The coronavirus disease 2019 (COVID-19) pandemic has created an urgent need for therapeutics that inhibit the SARS-CoV-2 virus and suppress the fulminant inflammation characteristic of advanced illness. Here, we describe the anti-COVID-19 potential of PTC299, an orally available compound that is a potent inhibitor of dihydroorotate dehydrogenase (DHODH), the rate-limiting enzyme of the de novo pyrimidine biosynthesis pathway. In tissue culture, PTC299 manifests robust, dose-dependent, and DHODH-dependent inhibition of SARS CoV-2 replication (EC50 range, 2.0 to 31.6 nM) with a selectivity index >3,800. PTC299 also blocked replication of other RNA viruses, including Ebola virus. Consistent with known DHODH requirements for immunomodulatory cytokine production, PTC299 inhibited the production of interleukin (IL)-6, IL-17A (also called IL-17), IL-17F, and vascular endothelial growth factor (VEGF) in tissue culture models. The combination of anti-SARS-CoV-2 activity, cytokine inhibitory activity, and previously established favorable pharmacokinetic and human safety profiles render PTC299 a promising therapeutic for COVID-19.

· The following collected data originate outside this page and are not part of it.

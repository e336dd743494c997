-- ===== src/Helpers/Comments/Lines.antt =====
-- The lines that the comment helpers read and write.
use grpc_cb.Base.{
  ℕ, ◌≡◌, refl, sym, ap, ◌∙◌, ◌≢◌, inl, inr, Bool, true, false, Option, none, some, List, [], ◌∷◌,
  ◌++◌, map, append_assoc, append-nil, arith, Bytes, codes, ◌==◌, Bool-cases, All, All-append,
  Lacks,
}
use grpc_cb.Helpers.Descriptors.{SourceLocation}
use grpc_cb.Helpers.Comments.{
  CommentType, comment_leading, comment_trailing, comment_leading_detached, add_byte, getlines,
  split, split_detached, get_comment, comment_line, write_comments, generate_comments_with_prefix,
  get_cpp_comments,
}

abbrev pub IsLine : Bytes → Type 0
IsLine = Lacks b'\n'

add_byte-IsLine : (c : ℕ) (ps : List Bytes) → c ≢ b'\n' → All IsLine ps → All IsLine (add_byte c ps)
add_byte-IsLine c [] h k = ((h, tt), tt)
add_byte-IsLine c (p ∷ ps) h (k, ks) = ((h, k), ks)

getlines-IsLine : (s : Bytes) → All IsLine (getlines s)
unfolding getlines
getlines-IsLine [] = tt
getlines-IsLine (c ∷ s) = elim (Bool-cases (c == b'\n')) [
  | inl e ↦ rw e (tt, getlines-IsLine s)
  | inr e ↦ rw e (add_byte-IsLine c (getlines s) (ground arith) (getlines-IsLine s))
]

-- A line in front of a newline is read as it is.
getlines-line : (p s : Bytes) → IsLine p → getlines (p ++ b'\n' ∷ s) ≡ p ∷ getlines s
unfolding getlines
getlines-line [] s h = refl
getlines-line (c ∷ p) s (h, hs) = ground (arith, getlines-line p s hs)

unlines : List Bytes → Bytes
unlines [] = []
unlines (p ∷ ps) = p ++ b'\n' ∷ unlines ps

getlines-unlines : (ps : List Bytes) → All IsLine ps → getlines (unlines ps) ≡ ps
unfolding unlines
getlines-unlines [] h = unfold getlines in refl
getlines-unlines (p ∷ ps) (h, hs) =
    getlines-line p (unlines ps) h ∙ ap (λ l. p ∷ l) (getlines-unlines ps hs)

write_comments-unlines :
    (oss : Bytes) (lines : List Bytes) (prefix : Bytes)
    → write_comments oss lines prefix ≡ oss ++ unlines (map (comment_line prefix) lines)
unfolding write_comments unlines
write_comments-unlines oss [] prefix = sym (append-nil oss)
write_comments-unlines oss (p ∷ ps) prefix =
    write_comments-unlines (oss ++ (comment_line prefix p ++ b'\n' ∷ [])) ps prefix
    ∙ simp append_assoc

comment_line-IsLine : (prefix p : Bytes) → IsLine prefix → IsLine p → IsLine (comment_line prefix p)
unfolding comment_line
comment_line-IsLine prefix [] h k = h
comment_line-IsLine prefix (c ∷ p) h k = elim (Bool-cases (c == b' ')) [
  | inl e ↦ rw e (All-append (λ x. (x ≡ b'\n') → ⊥) prefix (c ∷ p) h k)
  | inr e ↦ rw e (All-append (λ x. (x ≡ b'\n') → ⊥) prefix (b' ' ∷ c ∷ p) h (omega arith, k))
]

map-IsLine :
    (prefix : Bytes) (ps : List Bytes)
    → IsLine prefix
    → All IsLine ps
    → All IsLine (map (comment_line prefix) ps)
map-IsLine prefix [] h k = tt
map-IsLine prefix (p ∷ ps) h (k, ks) = (comment_line-IsLine prefix p h k, map-IsLine prefix ps h ks)

-- The text written for comment lines is one line for each, the prefix in front of it: no comment
-- line is lost, merged or able to leave its comment.
pub getlines-generate_comments :
    (lines : List Bytes) (prefix : Bytes)
    → IsLine prefix
    → All IsLine lines
    → getlines (generate_comments_with_prefix lines prefix) ≡ map (comment_line prefix) lines
unfolding generate_comments_with_prefix
getlines-generate_comments lines prefix h k =
    rw (write_comments-unlines [] lines prefix)
      (getlines-unlines (map (comment_line prefix) lines) (map-IsLine prefix lines h k))

split-IsLine :
    (s : Bytes) (delim : ℕ) (out : List Bytes) → All IsLine out → All IsLine (split s delim out)
unfolding split
split-IsLine s delim out h = All-append IsLine out (getlines s) h (getlines-IsLine s)

split_detached-IsLine : (cs out : List Bytes) → All IsLine out → All IsLine (split_detached cs out)
unfolding split_detached
split_detached-IsLine [] out h = h
split_detached-IsLine (c ∷ cs) out h =
    split_detached-IsLine cs (split c b'\n' out ++ [] ∷ [])
      (All-append IsLine (split c b'\n' out) ([] ∷ []) (split-IsLine c b'\n' out h) (tt, tt))

get_comment-IsLine :
    (location : Option SourceLocation) (type : CommentType)
    → All IsLine (get_comment location type [])
unfolding get_comment
get_comment-IsLine none type = tt
get_comment-IsLine (some l) comment_leading = split-IsLine l.leading_comments b'\n' [] tt
get_comment-IsLine (some l) comment_trailing = split-IsLine l.trailing_comments b'\n' [] tt
get_comment-IsLine (some l) comment_leading_detached =
    split_detached-IsLine l.leading_detached_comments [] tt

abbrev pub IsCppComment : Bytes → Type 0
IsCppComment line = (rest : Bytes) × (line ≡ b'/' ∷ b'/' ∷ rest)

comment_line-IsCppComment : (p : Bytes) → IsCppComment (comment_line (codes "//") p)
unfolding comment_line
comment_line-IsCppComment [] = ([], refl)
comment_line-IsCppComment (c ∷ p) = elim (Bool-cases (c == b' ')) [
  | inl e ↦ (c ∷ p, rw e)
  | inr e ↦ (b' ' ∷ c ∷ p, rw e)
]

map-IsCppComment : (ps : List Bytes) → All IsCppComment (map (comment_line (codes "//")) ps)
map-IsCppComment [] = tt
map-IsCppComment (p ∷ ps) = (comment_line-IsCppComment p, map-IsCppComment ps)

lines-IsCppComment :
    (ps : List Bytes)
    → All IsLine ps
    → All IsCppComment (getlines (generate_comments_with_prefix ps (codes "//")))
lines-IsCppComment ps h =
    rw (getlines-generate_comments ps (codes "//") (omega arith) h) (map-IsCppComment ps)

-- Every line of the C++ comment text begins with `//`, whatever comments the descriptor holds.
pub get_cpp_comments-IsCppComment :
    (location : Option SourceLocation) (leading : Bool)
    → All IsCppComment (getlines (get_cpp_comments location leading))
unfolding get_cpp_comments
get_cpp_comments-IsCppComment location true =
    lines-IsCppComment
      (get_comment location comment_leading_detached [] ++ get_comment location comment_leading [])
      (All-append IsLine (get_comment location comment_leading_detached [])
        (get_comment location comment_leading [])
        (get_comment-IsLine location comment_leading_detached)
        (get_comment-IsLine location comment_leading))
get_cpp_comments-IsCppComment location false =
    lines-IsCppComment (get_comment location comment_trailing [])
      (get_comment-IsLine location comment_trailing)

Competing Interest Statement

J.L, E.M., S.B, C. S-D.-C., E.L.S., Y.W, and V.S. have no conflict of interest to declare. S.P. and R.S. received support from PTC Therapeutics for this work. J.D.G, L.C, M.W, C.T-L., N.A.N, J.M.C, M.P. E.M.W., K. O K., R.K, E.G., A.J. and S.P. are or were employed by PTC Therapeutic and have received salary compensation for time, effort, and hold or held financial interest in the company.

Copyright 
The copyright holder for this preprint is the author/funder, who has granted bioRxiv a license to display the preprint in perpetuity. It is made available under a CC-BY-NC-ND 4.0 International license.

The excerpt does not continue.